╭─ PROVIDED RECORDS

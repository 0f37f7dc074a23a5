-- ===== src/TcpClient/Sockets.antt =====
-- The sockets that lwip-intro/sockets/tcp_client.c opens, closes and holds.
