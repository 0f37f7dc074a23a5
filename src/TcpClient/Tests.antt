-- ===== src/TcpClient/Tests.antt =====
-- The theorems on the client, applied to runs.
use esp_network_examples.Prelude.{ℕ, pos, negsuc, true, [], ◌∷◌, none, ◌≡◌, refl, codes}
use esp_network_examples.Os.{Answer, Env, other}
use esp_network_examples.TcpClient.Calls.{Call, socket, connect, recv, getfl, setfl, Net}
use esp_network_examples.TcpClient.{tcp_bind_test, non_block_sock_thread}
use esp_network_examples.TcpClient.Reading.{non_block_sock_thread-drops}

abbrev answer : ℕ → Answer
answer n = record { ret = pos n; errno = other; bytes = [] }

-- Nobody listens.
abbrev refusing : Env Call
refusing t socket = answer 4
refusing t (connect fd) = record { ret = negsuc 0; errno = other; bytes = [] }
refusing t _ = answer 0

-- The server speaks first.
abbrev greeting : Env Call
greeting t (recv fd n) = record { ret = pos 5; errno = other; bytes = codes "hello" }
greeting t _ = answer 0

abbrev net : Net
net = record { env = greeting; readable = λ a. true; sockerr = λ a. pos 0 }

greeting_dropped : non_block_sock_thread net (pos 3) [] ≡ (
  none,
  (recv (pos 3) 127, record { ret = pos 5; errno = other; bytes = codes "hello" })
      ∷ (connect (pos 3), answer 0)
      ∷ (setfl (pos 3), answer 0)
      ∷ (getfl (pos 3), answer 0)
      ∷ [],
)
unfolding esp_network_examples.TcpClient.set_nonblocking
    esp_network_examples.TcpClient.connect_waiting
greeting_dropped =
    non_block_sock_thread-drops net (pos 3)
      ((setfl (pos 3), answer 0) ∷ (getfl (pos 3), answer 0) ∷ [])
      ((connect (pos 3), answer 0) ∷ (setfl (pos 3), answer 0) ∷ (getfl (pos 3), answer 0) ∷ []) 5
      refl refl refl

╰─
╭─ PROVIDED RECORDS

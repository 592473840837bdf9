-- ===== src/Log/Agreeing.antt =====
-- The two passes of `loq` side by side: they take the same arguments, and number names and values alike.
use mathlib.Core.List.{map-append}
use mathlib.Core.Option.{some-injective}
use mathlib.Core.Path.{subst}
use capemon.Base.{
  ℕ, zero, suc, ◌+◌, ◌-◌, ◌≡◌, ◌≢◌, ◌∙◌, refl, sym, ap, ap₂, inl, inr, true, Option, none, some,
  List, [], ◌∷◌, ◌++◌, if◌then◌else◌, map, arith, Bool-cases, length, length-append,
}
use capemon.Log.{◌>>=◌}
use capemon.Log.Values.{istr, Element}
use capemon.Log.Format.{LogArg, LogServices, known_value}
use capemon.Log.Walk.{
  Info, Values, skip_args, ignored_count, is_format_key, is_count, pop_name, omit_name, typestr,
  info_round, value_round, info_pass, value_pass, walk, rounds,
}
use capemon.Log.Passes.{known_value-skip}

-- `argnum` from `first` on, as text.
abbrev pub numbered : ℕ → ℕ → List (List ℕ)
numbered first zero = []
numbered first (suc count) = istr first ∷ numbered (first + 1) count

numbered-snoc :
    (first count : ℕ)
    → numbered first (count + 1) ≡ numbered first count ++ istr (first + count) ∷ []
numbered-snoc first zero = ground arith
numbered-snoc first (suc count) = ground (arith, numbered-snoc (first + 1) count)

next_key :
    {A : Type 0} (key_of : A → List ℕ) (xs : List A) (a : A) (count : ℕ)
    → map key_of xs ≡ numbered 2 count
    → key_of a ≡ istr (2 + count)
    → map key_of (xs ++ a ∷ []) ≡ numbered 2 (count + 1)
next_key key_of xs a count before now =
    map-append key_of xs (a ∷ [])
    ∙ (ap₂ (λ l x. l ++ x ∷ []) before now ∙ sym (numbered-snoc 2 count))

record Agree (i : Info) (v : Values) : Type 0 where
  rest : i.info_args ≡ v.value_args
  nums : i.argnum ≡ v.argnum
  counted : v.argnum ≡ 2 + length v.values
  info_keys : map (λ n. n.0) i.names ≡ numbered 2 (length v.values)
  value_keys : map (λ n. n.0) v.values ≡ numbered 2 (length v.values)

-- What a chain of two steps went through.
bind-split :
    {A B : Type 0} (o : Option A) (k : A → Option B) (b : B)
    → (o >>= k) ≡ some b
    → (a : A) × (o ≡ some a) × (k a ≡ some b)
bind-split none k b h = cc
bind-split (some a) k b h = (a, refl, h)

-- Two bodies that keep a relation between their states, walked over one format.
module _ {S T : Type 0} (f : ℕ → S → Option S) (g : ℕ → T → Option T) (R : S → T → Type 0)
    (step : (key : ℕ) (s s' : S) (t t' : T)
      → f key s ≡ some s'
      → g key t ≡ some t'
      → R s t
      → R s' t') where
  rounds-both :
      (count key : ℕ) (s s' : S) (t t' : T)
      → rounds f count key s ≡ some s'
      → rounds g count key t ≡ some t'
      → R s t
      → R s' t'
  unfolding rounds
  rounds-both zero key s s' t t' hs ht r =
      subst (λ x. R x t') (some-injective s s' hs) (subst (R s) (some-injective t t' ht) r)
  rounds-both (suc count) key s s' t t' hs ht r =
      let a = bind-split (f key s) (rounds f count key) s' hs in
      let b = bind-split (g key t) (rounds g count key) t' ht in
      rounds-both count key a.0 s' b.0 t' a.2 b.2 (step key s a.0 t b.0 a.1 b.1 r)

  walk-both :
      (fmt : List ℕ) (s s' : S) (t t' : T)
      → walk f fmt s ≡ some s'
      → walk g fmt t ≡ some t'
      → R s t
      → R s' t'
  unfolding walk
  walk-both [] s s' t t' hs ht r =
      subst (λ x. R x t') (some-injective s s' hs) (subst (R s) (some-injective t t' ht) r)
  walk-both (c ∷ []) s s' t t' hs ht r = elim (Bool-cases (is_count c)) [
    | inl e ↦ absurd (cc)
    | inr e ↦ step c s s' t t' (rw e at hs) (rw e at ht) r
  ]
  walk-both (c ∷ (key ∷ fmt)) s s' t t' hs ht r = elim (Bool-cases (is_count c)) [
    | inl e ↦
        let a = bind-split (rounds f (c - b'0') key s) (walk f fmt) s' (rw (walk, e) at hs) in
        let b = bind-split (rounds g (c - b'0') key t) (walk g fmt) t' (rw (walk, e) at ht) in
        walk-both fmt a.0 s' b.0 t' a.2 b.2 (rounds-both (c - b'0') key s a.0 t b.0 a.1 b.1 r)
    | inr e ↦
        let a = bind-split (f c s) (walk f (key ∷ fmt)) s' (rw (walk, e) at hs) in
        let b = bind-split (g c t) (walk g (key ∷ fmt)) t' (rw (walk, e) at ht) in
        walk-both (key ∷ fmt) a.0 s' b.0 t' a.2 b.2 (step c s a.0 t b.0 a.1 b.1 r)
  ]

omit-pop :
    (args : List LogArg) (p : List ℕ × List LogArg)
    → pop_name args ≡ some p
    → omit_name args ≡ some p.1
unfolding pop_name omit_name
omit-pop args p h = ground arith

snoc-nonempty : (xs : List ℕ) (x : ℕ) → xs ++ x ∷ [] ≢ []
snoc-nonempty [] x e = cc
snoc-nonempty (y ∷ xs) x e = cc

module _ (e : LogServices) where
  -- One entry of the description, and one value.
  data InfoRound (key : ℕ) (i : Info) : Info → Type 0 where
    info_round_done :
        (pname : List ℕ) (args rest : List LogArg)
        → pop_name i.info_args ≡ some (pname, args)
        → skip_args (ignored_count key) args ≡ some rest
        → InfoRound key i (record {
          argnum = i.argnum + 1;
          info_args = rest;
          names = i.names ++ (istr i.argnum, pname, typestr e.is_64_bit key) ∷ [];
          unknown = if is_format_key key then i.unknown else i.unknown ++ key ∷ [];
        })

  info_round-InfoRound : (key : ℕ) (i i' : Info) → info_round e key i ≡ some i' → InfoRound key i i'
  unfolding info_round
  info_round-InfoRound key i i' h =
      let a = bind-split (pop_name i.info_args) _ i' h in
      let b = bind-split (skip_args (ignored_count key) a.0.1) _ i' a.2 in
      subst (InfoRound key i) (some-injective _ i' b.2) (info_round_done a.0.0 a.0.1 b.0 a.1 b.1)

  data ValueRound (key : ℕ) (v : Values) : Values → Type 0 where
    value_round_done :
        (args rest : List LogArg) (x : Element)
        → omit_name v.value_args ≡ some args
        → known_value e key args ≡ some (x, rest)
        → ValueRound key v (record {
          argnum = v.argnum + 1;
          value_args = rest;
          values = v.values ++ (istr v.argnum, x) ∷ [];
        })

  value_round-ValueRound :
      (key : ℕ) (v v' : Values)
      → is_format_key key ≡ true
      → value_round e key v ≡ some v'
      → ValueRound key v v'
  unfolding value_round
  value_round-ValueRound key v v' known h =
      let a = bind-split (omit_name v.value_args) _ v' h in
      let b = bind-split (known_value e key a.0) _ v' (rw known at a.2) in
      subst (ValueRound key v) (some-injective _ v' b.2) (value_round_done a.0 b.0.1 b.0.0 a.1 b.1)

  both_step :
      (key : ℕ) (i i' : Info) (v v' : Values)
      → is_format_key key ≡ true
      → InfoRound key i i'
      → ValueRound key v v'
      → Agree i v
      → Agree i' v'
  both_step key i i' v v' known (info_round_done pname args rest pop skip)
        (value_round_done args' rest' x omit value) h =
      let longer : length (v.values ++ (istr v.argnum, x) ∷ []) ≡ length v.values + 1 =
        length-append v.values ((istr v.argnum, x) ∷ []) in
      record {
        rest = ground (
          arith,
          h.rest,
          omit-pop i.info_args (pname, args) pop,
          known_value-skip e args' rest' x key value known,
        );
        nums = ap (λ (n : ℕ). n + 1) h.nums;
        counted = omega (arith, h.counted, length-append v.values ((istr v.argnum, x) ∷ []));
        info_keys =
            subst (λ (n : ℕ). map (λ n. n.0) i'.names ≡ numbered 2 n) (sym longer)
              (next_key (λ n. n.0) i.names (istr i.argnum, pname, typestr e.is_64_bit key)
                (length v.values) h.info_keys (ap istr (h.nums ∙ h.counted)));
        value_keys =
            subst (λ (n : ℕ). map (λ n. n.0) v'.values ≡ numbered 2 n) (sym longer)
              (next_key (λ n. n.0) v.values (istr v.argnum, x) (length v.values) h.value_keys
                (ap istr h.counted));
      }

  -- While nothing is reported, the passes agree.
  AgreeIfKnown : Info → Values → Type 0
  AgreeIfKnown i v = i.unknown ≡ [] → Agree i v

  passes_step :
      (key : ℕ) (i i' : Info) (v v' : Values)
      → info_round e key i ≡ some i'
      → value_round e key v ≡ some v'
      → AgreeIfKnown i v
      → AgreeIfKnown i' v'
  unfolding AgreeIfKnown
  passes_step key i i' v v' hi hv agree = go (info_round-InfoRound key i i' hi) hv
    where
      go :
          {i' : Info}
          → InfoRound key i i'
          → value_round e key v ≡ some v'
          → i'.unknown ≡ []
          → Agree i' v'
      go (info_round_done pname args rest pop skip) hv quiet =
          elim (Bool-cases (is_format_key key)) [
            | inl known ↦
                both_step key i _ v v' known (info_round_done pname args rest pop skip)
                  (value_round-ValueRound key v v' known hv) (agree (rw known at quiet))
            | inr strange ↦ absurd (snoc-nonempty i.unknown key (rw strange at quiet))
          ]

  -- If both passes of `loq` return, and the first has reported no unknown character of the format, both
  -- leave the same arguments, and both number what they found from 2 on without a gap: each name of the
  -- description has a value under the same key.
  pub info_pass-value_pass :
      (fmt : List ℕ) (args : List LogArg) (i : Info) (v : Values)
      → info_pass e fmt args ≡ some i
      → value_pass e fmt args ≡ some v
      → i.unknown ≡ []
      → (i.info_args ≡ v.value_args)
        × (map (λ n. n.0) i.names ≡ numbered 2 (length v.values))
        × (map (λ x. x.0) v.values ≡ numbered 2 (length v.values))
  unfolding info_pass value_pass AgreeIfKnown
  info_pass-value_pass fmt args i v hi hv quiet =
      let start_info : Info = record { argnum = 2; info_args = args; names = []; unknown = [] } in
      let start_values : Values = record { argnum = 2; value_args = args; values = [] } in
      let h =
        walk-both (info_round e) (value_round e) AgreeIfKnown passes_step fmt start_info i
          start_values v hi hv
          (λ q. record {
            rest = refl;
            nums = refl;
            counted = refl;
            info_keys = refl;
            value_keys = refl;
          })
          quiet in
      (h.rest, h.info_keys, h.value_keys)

╰─
╭─ PROVIDED RECORDS

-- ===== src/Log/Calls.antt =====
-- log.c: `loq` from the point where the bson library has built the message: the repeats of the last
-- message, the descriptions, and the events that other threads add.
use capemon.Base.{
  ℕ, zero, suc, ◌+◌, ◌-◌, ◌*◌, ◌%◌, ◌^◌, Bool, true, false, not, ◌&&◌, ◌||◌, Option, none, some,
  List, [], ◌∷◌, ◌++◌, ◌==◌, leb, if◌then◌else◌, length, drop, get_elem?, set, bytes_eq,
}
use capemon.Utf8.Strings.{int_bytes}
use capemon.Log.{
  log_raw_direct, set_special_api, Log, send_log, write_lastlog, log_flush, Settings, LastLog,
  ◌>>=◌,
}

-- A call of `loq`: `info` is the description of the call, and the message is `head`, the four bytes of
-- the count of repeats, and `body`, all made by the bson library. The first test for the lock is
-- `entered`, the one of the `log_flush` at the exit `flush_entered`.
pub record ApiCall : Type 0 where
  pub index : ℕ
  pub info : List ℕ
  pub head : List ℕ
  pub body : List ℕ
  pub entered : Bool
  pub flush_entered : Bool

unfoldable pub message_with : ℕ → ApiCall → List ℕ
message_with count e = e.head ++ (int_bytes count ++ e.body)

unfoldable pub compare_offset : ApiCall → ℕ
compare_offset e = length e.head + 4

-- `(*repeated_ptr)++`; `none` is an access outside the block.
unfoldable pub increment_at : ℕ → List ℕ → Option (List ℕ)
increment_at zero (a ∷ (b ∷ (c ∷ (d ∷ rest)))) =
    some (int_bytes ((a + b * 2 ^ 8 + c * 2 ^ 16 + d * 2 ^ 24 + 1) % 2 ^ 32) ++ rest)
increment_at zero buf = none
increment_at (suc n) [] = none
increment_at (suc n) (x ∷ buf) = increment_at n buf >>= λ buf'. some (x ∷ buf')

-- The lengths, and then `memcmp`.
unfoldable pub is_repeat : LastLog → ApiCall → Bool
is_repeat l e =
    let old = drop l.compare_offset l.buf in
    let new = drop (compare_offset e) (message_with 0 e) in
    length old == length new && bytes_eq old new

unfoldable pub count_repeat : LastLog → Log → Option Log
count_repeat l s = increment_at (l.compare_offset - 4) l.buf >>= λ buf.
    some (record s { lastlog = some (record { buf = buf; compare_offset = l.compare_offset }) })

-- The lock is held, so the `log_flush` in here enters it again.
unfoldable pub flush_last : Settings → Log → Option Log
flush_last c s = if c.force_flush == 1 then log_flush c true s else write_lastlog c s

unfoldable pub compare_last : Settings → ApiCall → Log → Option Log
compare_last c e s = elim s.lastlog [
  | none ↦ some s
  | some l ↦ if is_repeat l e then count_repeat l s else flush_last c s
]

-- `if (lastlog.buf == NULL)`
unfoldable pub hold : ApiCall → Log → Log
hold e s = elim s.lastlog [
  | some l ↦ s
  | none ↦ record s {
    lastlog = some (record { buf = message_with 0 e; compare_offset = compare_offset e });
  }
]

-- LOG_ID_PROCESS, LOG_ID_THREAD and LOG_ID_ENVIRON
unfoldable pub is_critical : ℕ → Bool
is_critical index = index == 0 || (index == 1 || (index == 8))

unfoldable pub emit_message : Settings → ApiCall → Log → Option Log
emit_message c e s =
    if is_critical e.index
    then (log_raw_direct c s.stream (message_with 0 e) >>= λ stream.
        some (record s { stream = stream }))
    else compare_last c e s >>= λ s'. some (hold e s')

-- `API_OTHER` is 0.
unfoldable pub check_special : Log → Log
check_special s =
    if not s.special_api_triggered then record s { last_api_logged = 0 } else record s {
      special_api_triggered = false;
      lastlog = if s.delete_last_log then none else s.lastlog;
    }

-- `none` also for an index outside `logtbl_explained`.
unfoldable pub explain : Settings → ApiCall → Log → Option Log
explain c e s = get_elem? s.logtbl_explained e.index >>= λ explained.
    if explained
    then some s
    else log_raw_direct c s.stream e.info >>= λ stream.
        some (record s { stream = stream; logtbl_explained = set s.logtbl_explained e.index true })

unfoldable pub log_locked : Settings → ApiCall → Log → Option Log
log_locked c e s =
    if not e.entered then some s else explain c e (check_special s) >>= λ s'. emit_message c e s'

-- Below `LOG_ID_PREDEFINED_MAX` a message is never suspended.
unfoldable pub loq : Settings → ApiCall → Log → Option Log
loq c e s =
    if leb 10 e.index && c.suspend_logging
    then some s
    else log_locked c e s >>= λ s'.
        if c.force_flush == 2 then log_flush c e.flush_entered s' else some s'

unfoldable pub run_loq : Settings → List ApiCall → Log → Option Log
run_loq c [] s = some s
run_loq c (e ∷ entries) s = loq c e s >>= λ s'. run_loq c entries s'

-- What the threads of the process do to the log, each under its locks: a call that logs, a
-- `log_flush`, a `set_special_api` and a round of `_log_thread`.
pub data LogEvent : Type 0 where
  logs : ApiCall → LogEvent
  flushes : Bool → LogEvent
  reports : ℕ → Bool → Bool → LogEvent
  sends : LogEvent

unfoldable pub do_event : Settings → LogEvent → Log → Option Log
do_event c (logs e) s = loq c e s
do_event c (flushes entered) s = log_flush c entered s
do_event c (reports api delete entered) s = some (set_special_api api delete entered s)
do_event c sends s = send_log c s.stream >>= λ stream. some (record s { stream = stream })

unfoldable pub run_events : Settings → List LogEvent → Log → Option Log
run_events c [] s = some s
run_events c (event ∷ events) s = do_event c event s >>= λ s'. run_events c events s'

╰─

Scan the data above and copy every line with "each" in it.

  -- leave the same arguments, and both number what they found from 2 on without a gap: each name of the
-- What the threads of the process do to the log, each under its locks: a call that logs, a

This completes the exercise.